# Task details
Below are records; please set down exactly the lines from the first through the one containing "-- Only a pawn is promoted, and to a piece.".
○ ○ ○ ○ ○ ○ ○
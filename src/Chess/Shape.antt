-- ===== src/Chess/Shape.antt =====
-- What a position must satisfy for moves to be taken back, and the shapes of the moves that the
-- generators of src/chess/board.cpp produce.
use plywise.Chess.Board.{Board, Move, has, read}
use plywise.Chess.Make.{behind, king_side_rook, queen_side_rook}
use plywise.Chess.MoveFlag
use plywise.Chess.Piece.{Piece, pawn, none, color_eq, type_eq, is_empty, no_piece}
use plywise.Chess.Square.{no_square}
use plywise.Prelude.{ℕ, ◌+◌, ◌<◌, ◌/◌, ◌≡◌, ◌≢◌, ◌⊎◌, true, false, length}

-- The square behind the en passant target holds a piece of the opponent, and the target is free.
pub record HasTarget (b : Board) : Type 0 where
  pub target_on : b.en_passant < 64
  pub target_free : is_empty (read b.squares b.en_passant) ≡ true
  pub victim_on : behind b.side_to_move b.en_passant < 64
  pub victim_held : is_empty (read b.squares (behind b.side_to_move b.en_passant)) ≡ false
  pub victim_enemy :
      color_eq (read b.squares (behind b.side_to_move b.en_passant)).color b.side_to_move ≡ false

pub record IsWellFormed (b : Board) : Type 0 where
  pub size : length b.squares ≡ 64
  -- An empty square holds `Piece{}`, whose colour is white.
  pub canonical : (i : ℕ) → is_empty (read b.squares i) ≡ true → read b.squares i ≡ no_piece
  pub target : (b.en_passant ≡ no_square) ⊎ HasTarget b
  pub history : 0 < length b.repetition_history

-- The mover stands on `from` and has the move.
pub record IsMover (b : Board) (m : Move) : Type 0 where
  pub from_on : m.from < 64
  pub to_on : m.to < 64
  pub held : is_empty (read b.squares m.from) ≡ false
  pub own : color_eq (read b.squares m.from).color b.side_to_move ≡ true

-- Only a pawn is promoted, and to a piece.
abbrev pub MayPromote : Board → Move → Type 0
MayPromote b m =
    (has m MoveFlag.promotion ≡ false)
    ⊎ ((has m MoveFlag.promotion ≡ true)
        × (type_eq (read b.squares m.from).type pawn ≡ true)
        × (type_eq m.promotion none ≡ false))

-- A castling's rook moves between squares that the king does not touch.
pub record RookMoves (b : Board) (m : Move) (rook_from rook_to : ℕ) : Type 0 where
  pub rook_from_on : rook_from < 64
  pub rook_to_on : rook_to < 64
  pub rook_held : is_empty (read b.squares rook_from) ≡ false
  pub rook_to_free : is_empty (read b.squares rook_to) ≡ true
  pub apart : rook_from ≢ rook_to
  pub from_apart : (m.from ≢ rook_from) × (m.from ≢ rook_to)
  pub to_apart : (m.to ≢ rook_from) × (m.to ≢ rook_to)

abbrev pub NoCastle : Move → Type 0
NoCastle m = (has m MoveFlag.king_castle ≡ false) × (has m MoveFlag.queen_castle ≡ false)

pub data Shape (b : Board) (m : Move) : Type 0 where
  -- To a free square or onto a piece of the opponent.
  plain :
      has m MoveFlag.en_passant ≡ false
      → has m MoveFlag.double_pawn_push ≡ false
      → NoCastle m
      → MayPromote b m
      → (is_empty (read b.squares m.to) ≡ true)
        ⊎ (color_eq (read b.squares m.to).color b.side_to_move ≡ false)
      → Shape b m
  -- A pawn's double step: the square passed and the square behind it from the other side.
  double :
      has m MoveFlag.en_passant ≡ false
      → has m MoveFlag.double_pawn_push ≡ true
      → NoCastle m
      → has m MoveFlag.promotion ≡ false
      → is_empty (read b.squares m.to) ≡ true
      → is_empty (read b.squares ((m.from + m.to) / 2)) ≡ true
      → ((m.from + m.to) / 2 ≢ m.to)
        × (behind (Piece.color (read b.squares m.from)) m.to ≡ (m.from + m.to) / 2)
      → Shape b m
  en_passant :
      has m MoveFlag.en_passant ≡ true
      → has m MoveFlag.double_pawn_push ≡ false
      → NoCastle m
      → MayPromote b m
      → m.to ≡ b.en_passant
      → HasTarget b
      → Shape b m
  king_castle :
      has m MoveFlag.en_passant ≡ false
      → has m MoveFlag.double_pawn_push ≡ false
      → has m MoveFlag.king_castle ≡ true
      → has m MoveFlag.promotion ≡ false
      → is_empty (read b.squares m.to) ≡ true
      → RookMoves b m
          (king_side_rook (read b.squares m.from).color).rook_from
          (king_side_rook (read b.squares m.from).color).rook_to
      → Shape b m
  queen_castle :
      has m MoveFlag.en_passant ≡ false
      → has m MoveFlag.double_pawn_push ≡ false
      → has m MoveFlag.king_castle ≡ false
      → has m MoveFlag.queen_castle ≡ true
      → has m MoveFlag.promotion ≡ false
      → is_empty (read b.squares m.to) ≡ true
      → RookMoves b m
          (queen_side_rook (read b.squares m.from).color).rook_from
          (queen_side_rook (read b.squares m.from).color).rook_to
      → Shape b m
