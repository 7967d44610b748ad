-- ===== src/Chess/Make/RoundTrip.antt =====
-- Taking back a move restores the squares.
use plywise.Chess.Board.{Board, Move, has, read}
use plywise.Chess.Make.{
  king_side_rook, queen_side_rook, squares_after, squares_before, undo_of, captured_at, arriving,
  castle_rook, return_rook, transfer, behind,
}
use plywise.Chess.MoveFlag
use plywise.Chess.Piece.{Piece, pawn, color_eq, type_eq, type_index, is_empty, no_piece}
use plywise.Chess.Shape.{
  IsWellFormed, HasTarget, IsMover, RookMoves, MayPromote, NoCastle, Shape, plain, double,
  en_passant, king_castle, queen_castle,
}
use plywise.Prelude.{
  ℕ, ◌<◌, ◌≡◌, ◌≢◌, ◌⊎◌, true, false, arith, length, set, length-set, get_or-set, ◌==◌,
  if◌then◌else◌, List, set-set_self, set-set_comm, set-get_or_self, ◌∙◌, refl, sym, ap, inl, inr,
  Bool-cases,
}

pub read-set :
    (xs : List Piece) (i j : ℕ) (v : Piece)
    → length xs ≡ 64
    → i < 64
    → read (set xs i v) j ≡ (if i == j then v else read xs j)
read-set xs i j v n h = ground (arith, get_or-set xs i j v no_piece)

pub read-set_self :
    (xs : List Piece) (i : ℕ) (v : Piece) → length xs ≡ 64 → i < 64 → read (set xs i v) i ≡ v
read-set_self xs i v n h = ground (arith, read-set xs i i v)

pub read-set_ne : (xs : List Piece) (i j : ℕ) (v : Piece) → i ≢ j → read (set xs i v) j ≡ read xs j
read-set_ne xs i j v n = ground (arith, get_or-set xs i j v no_piece)

-- The target gets back what it held.
restore_target :
    (ys : List Piece) (t : ℕ) (c : Piece)
    → (is_empty c ≡ true → c ≡ no_piece)
    → (if is_empty c then set ys t no_piece else set (set ys t no_piece) t c) ≡ set ys t c
restore_target ys t c k = elim (Bool-cases (is_empty c)) [
  | inl e ↦ rw e (ap (set ys t) (sym (k e)))
  | inr e ↦ rw e (set-set_self ys t no_piece c)
]

-- Two squares written and written back.
undo_two :
    (xs : List Piece) (f t : ℕ) (u a r c : Piece)
    → f ≢ t
    → read xs f ≡ r
    → read xs t ≡ c
    → set (set (set (set xs f u) t a) f r) t c ≡ xs
undo_two xs f t u a r c n p q =
    ap (λ z. set z t c)
      (set-set_comm (set xs f u) t f a r (λ e. n (sym e))
        ∙ ap (λ z. set z t a)
            (set-set_self xs f u r ∙ ap (set xs f) (sym p) ∙ set-get_or_self xs f no_piece))
    ∙ set-set_self xs t a c
    ∙ ap (set xs t) (sym q)
    ∙ set-get_or_self xs t no_piece

-- A write moves in front of two writes elsewhere.
past_two :
    (ys : List Piece) (i j k : ℕ) (u v x : Piece)
    → i ≢ j
    → i ≢ k
    → set (set (set ys j u) k v) i x ≡ set (set (set ys i x) j u) k v
past_two ys i j k u v x n o =
    set-set_comm (set ys j u) k i v x (λ e. o (sym e))
    ∙ ap (λ z. set z k v) (set-set_comm ys j i u x (λ e. n (sym e)))

-- A rook moved and moved back.
rook_back :
    (xs : List Piece) (from to : ℕ)
    → from ≢ to
    → read xs to ≡ no_piece
    → set (set (set (set xs to (read xs from)) from no_piece) from (read xs from)) to no_piece ≡ xs
rook_back xs from to n e =
    ap (λ z. set z to no_piece)
      (set-set_self (set xs to (read xs from)) from no_piece (read xs from))
    ∙ set-set_comm (set xs to (read xs from)) from to (read xs from) no_piece n
    ∙ ap (λ z. set z from (read xs from))
        (set-set_self xs to (read xs from) no_piece
          ∙ ap (set xs to) (sym e)
          ∙ set-get_or_self xs to no_piece)
    ∙ set-get_or_self xs from no_piece

module _ (b : Board) (m : Move) (w : IsWellFormed b) (h : IsMover b m) where
  -- What stands on the target after the move turns back into the mover.
  unarrive :
      MayPromote b m
      → (if has m MoveFlag.promotion
          then record (arriving m (read b.squares m.from)) { type = pawn }
          else arriving m (read b.squares m.from))
        ≡ read b.squares m.from
  unfolding arriving type_eq type_index
  unarrive (inl p) = rw p
  unarrive (inr (p, t, _)) = rw p (ground arith)

  from-ne-to :
      (is_empty (read b.squares m.to) ≡ true)
        ⊎ (color_eq (read b.squares m.to).color b.side_to_move ≡ false)
      → m.from ≢ m.to
  from-ne-to l e = ground (arith, h.held, h.own, ap (read b.squares) e)

  -- The squares after the king, pawn or piece has moved, before a castling's rook does.
  abbrev arrived : List Piece → List Piece
  arrived xs = set (set xs m.from no_piece) m.to (arriving m (read b.squares m.from))

  read-arrived :
      (xs : List Piece)
      → length xs ≡ 64
      → read (arrived xs) m.to ≡ arriving m (read b.squares m.from)
  read-arrived xs n =
      read-set_self (set xs m.from no_piece) m.to _ (length-set xs m.from no_piece ∙ n) h.to_on

  plain_back :
      has m MoveFlag.en_passant ≡ false
      → NoCastle m
      → MayPromote b m
      → (is_empty (read b.squares m.to) ≡ true)
        ⊎ (color_eq (read b.squares m.to).color b.side_to_move ≡ false)
      → squares_before m (undo_of b m) (squares_after m (read b.squares m.from) b.squares)
        ≡ b.squares
  unfolding squares_before squares_after undo_of captured_at castle_rook return_rook
  plain_back e (k, q) p l =
      rw (e, k, q, read-arrived b.squares w.size, unarrive p)
        (restore_target _ m.to (read b.squares m.to) (w.canonical m.to)
          ∙ undo_two b.squares m.from m.to no_piece _ _ _ (from-ne-to l) refl refl)

  -- The colour that the mover shows is the side to move.
  pub mover_color : (read b.squares m.from).color ≡ b.side_to_move
  unfolding color_eq
  mover_color = ground (arith, h.own)

  en_passant_back :
      has m MoveFlag.en_passant ≡ true
      → NoCastle m
      → MayPromote b m
      → m.to ≡ b.en_passant
      → HasTarget b
      → squares_before m (undo_of b m) (squares_after m (read b.squares m.from) b.squares)
        ≡ b.squares
  unfolding squares_before squares_after undo_of captured_at castle_rook return_rook
  en_passant_back e (k, q) p t v =
      rw (e, k, q)
        (rw
          (
            read-arrived (set b.squares victim no_piece)
                (length-set b.squares victim no_piece ∙ w.size),
            unarrive p,
          )
          (rw victim_held (
            ap (λ z. set z victim (read b.squares victim)) back
            ∙ set-set_self b.squares victim no_piece (read b.squares victim)
            ∙ set-get_or_self b.squares victim no_piece)))
    where
      victim : ℕ
      victim = behind (read b.squares m.from).color m.to

      victim-eq : victim ≡ behind b.side_to_move b.en_passant
      victim-eq = rw (mover_color, t)

      victim_held : is_empty (read b.squares victim) ≡ false
      victim_held = rw victim-eq v.victim_held

      to_free : is_empty (read b.squares m.to) ≡ true
      to_free = rw t v.target_free

      victim-ne-to : victim ≢ m.to
      victim-ne-to x = ground (arith, victim_held, to_free, ap (read b.squares) x)

      victim-ne-from : victim ≢ m.from
      victim-ne-from x =
          ground (arith, h.own, v.victim_enemy, ap (read b.squares) (sym victim-eq ∙ x))

      rest : List Piece
      rest = set b.squares victim no_piece

      back : set (set (arrived rest) m.from (read b.squares m.from)) m.to no_piece ≡ rest
      back =
          undo_two rest m.from m.to no_piece _ _ _ (from-ne-to (inl to_free))
            (read-set_ne b.squares victim m.from no_piece victim-ne-from)
            (read-set_ne b.squares victim m.to no_piece victim-ne-to ∙ w.canonical m.to to_free)

  module _ {from to : ℕ} (r : RookMoves b m from to)
      (free : is_empty (read b.squares m.to) ≡ true) where
    rook_held : read (arrived b.squares) from ≡ read b.squares from
    rook_held =
        read-set_ne (set b.squares m.from no_piece) m.to from _ r.to_apart.0
        ∙ read-set_ne b.squares m.from from no_piece r.from_apart.0

    -- With the king back, only the rook is out of place.
    king_back :
        set
          (set (transfer (arrived b.squares) from to) m.from (read b.squares m.from))
          m.to
          no_piece
        ≡ set (set b.squares to (read b.squares from)) from no_piece
    unfolding transfer
    king_back = rw rook_held (
        ap (λ z. set z m.to no_piece)
          (past_two (arrived b.squares) m.from to from _ _ _ r.from_apart.1 r.from_apart.0)
        ∙ past_two _ m.to to from _ _ _ r.to_apart.1 r.to_apart.0
        ∙ ap (λ z. set (set z to (read b.squares from)) from no_piece)
            (undo_two b.squares m.from m.to no_piece _ _ _ (from-ne-to (inl free)) refl
              (w.canonical m.to free)))

    castle_back :
        transfer
          (set
            (set (transfer (arrived b.squares) from to) m.from (read b.squares m.from))
            m.to
            no_piece)
          to
          from
        ≡ b.squares
    unfolding transfer
    castle_back = rw king_back (
        rw
          (
            read-set_ne (set b.squares to (read b.squares from)) from to no_piece r.apart,
            read-set_self b.squares to (read b.squares from) w.size r.rook_to_on,
          )
          (rook_back b.squares from to r.apart (w.canonical to r.rook_to_free)))

    read-transfer :
        read (transfer (arrived b.squares) from to) m.to ≡ arriving m (read b.squares m.from)
    unfolding transfer
    read-transfer =
        read-set_ne _ from m.to no_piece (λ e. r.to_apart.0 (sym e))
        ∙ read-set_ne _ to m.to _ (λ e. r.to_apart.1 (sym e))
        ∙ read-arrived b.squares w.size

  king_castle_back :
      has m MoveFlag.en_passant ≡ false
      → has m MoveFlag.king_castle ≡ true
      → has m MoveFlag.promotion ≡ false
      → is_empty (read b.squares m.to) ≡ true
      → RookMoves b m
          (king_side_rook (read b.squares m.from).color).rook_from
          (king_side_rook (read b.squares m.from).color).rook_to
      → squares_before m (undo_of b m) (squares_after m (read b.squares m.from) b.squares)
        ≡ b.squares
  unfolding squares_before squares_after undo_of captured_at castle_rook return_rook
  king_castle_back e k p f r = rw (e, k, read-transfer r f, unarrive (inl p), f) (castle_back r f)

  queen_castle_back :
      has m MoveFlag.en_passant ≡ false
      → has m MoveFlag.king_castle ≡ false
      → has m MoveFlag.queen_castle ≡ true
      → has m MoveFlag.promotion ≡ false
      → is_empty (read b.squares m.to) ≡ true
      → RookMoves b m
          (queen_side_rook (read b.squares m.from).color).rook_from
          (queen_side_rook (read b.squares m.from).color).rook_to
      → squares_before m (undo_of b m) (squares_after m (read b.squares m.from) b.squares)
        ≡ b.squares
  unfolding squares_before squares_after undo_of captured_at castle_rook return_rook
  queen_castle_back e k q p f r =
      rw (e, k, q, read-transfer r f, unarrive (inl p), f) (castle_back r f)

  pub squares_back :
      Shape b m
      → squares_before m (undo_of b m) (squares_after m (read b.squares m.from) b.squares)
        ≡ b.squares
  squares_back (plain e d c p l) = plain_back e c p l
  squares_back (double e d c p f _ _) = plain_back e c (inl p) (inl f)
  squares_back (en_passant e d c p t v) = en_passant_back e c p t v
  squares_back (king_castle e d k p f r) = king_castle_back e k p f r
  squares_back (queen_castle e d k q p f r) = queen_castle_back e k q p f r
○ ○ ○ ○ ○ ○ ○
# Written response
filename src/Chess/Shape.antt
-- ===== src/Chess/Shape.antt =====
-- What a position must satisfy for moves to be taken back, and the shapes of the moves that the
-- generators of src/chess/board.cpp produce.
use plywise.Chess.Board.{Board, Move, has, read}
use plywise.Chess.Make.{behind, king_side_rook, queen_side_rook}
use plywise.Chess.MoveFlag
use plywise.Chess.Piece.{Piece, pawn, none, color_eq, type_eq, is_empty, no_piece}
use plywise.Chess.Square.{no_square}
use plywise.Prelude.{ℕ, ◌+◌, ◌<◌, ◌/◌, ◌≡◌, ◌≢◌, ◌⊎◌, true, false, length}

-- The square behind the en passant target holds a piece of the opponent, and the target is free.
pub record HasTarget (b : Board) : Type 0 where
  pub target_on : b.en_passant < 64
  pub target_free : is_empty (read b.squares b.en_passant) ≡ true
  pub victim_on : behind b.side_to_move b.en_passant < 64
  pub victim_held : is_empty (read b.squares (behind b.side_to_move b.en_passant)) ≡ false
  pub victim_enemy :
      color_eq (read b.squares (behind b.side_to_move b.en_passant)).color b.side_to_move ≡ false

pub record IsWellFormed (b : Board) : Type 0 where
  pub size : length b.squares ≡ 64
  -- An empty square holds `Piece{}`, whose colour is white.
  pub canonical : (i : ℕ) → is_empty (read b.squares i) ≡ true → read b.squares i ≡ no_piece
  pub target : (b.en_passant ≡ no_square) ⊎ HasTarget b
  pub history : 0 < length b.repetition_history

-- The mover stands on `from` and has the move.
pub record IsMover (b : Board) (m : Move) : Type 0 where
  pub from_on : m.from < 64
  pub to_on : m.to < 64
  pub held : is_empty (read b.squares m.from) ≡ false
  pub own : color_eq (read b.squares m.from).color b.side_to_move ≡ true

-- Only a pawn is promoted, and to a piece.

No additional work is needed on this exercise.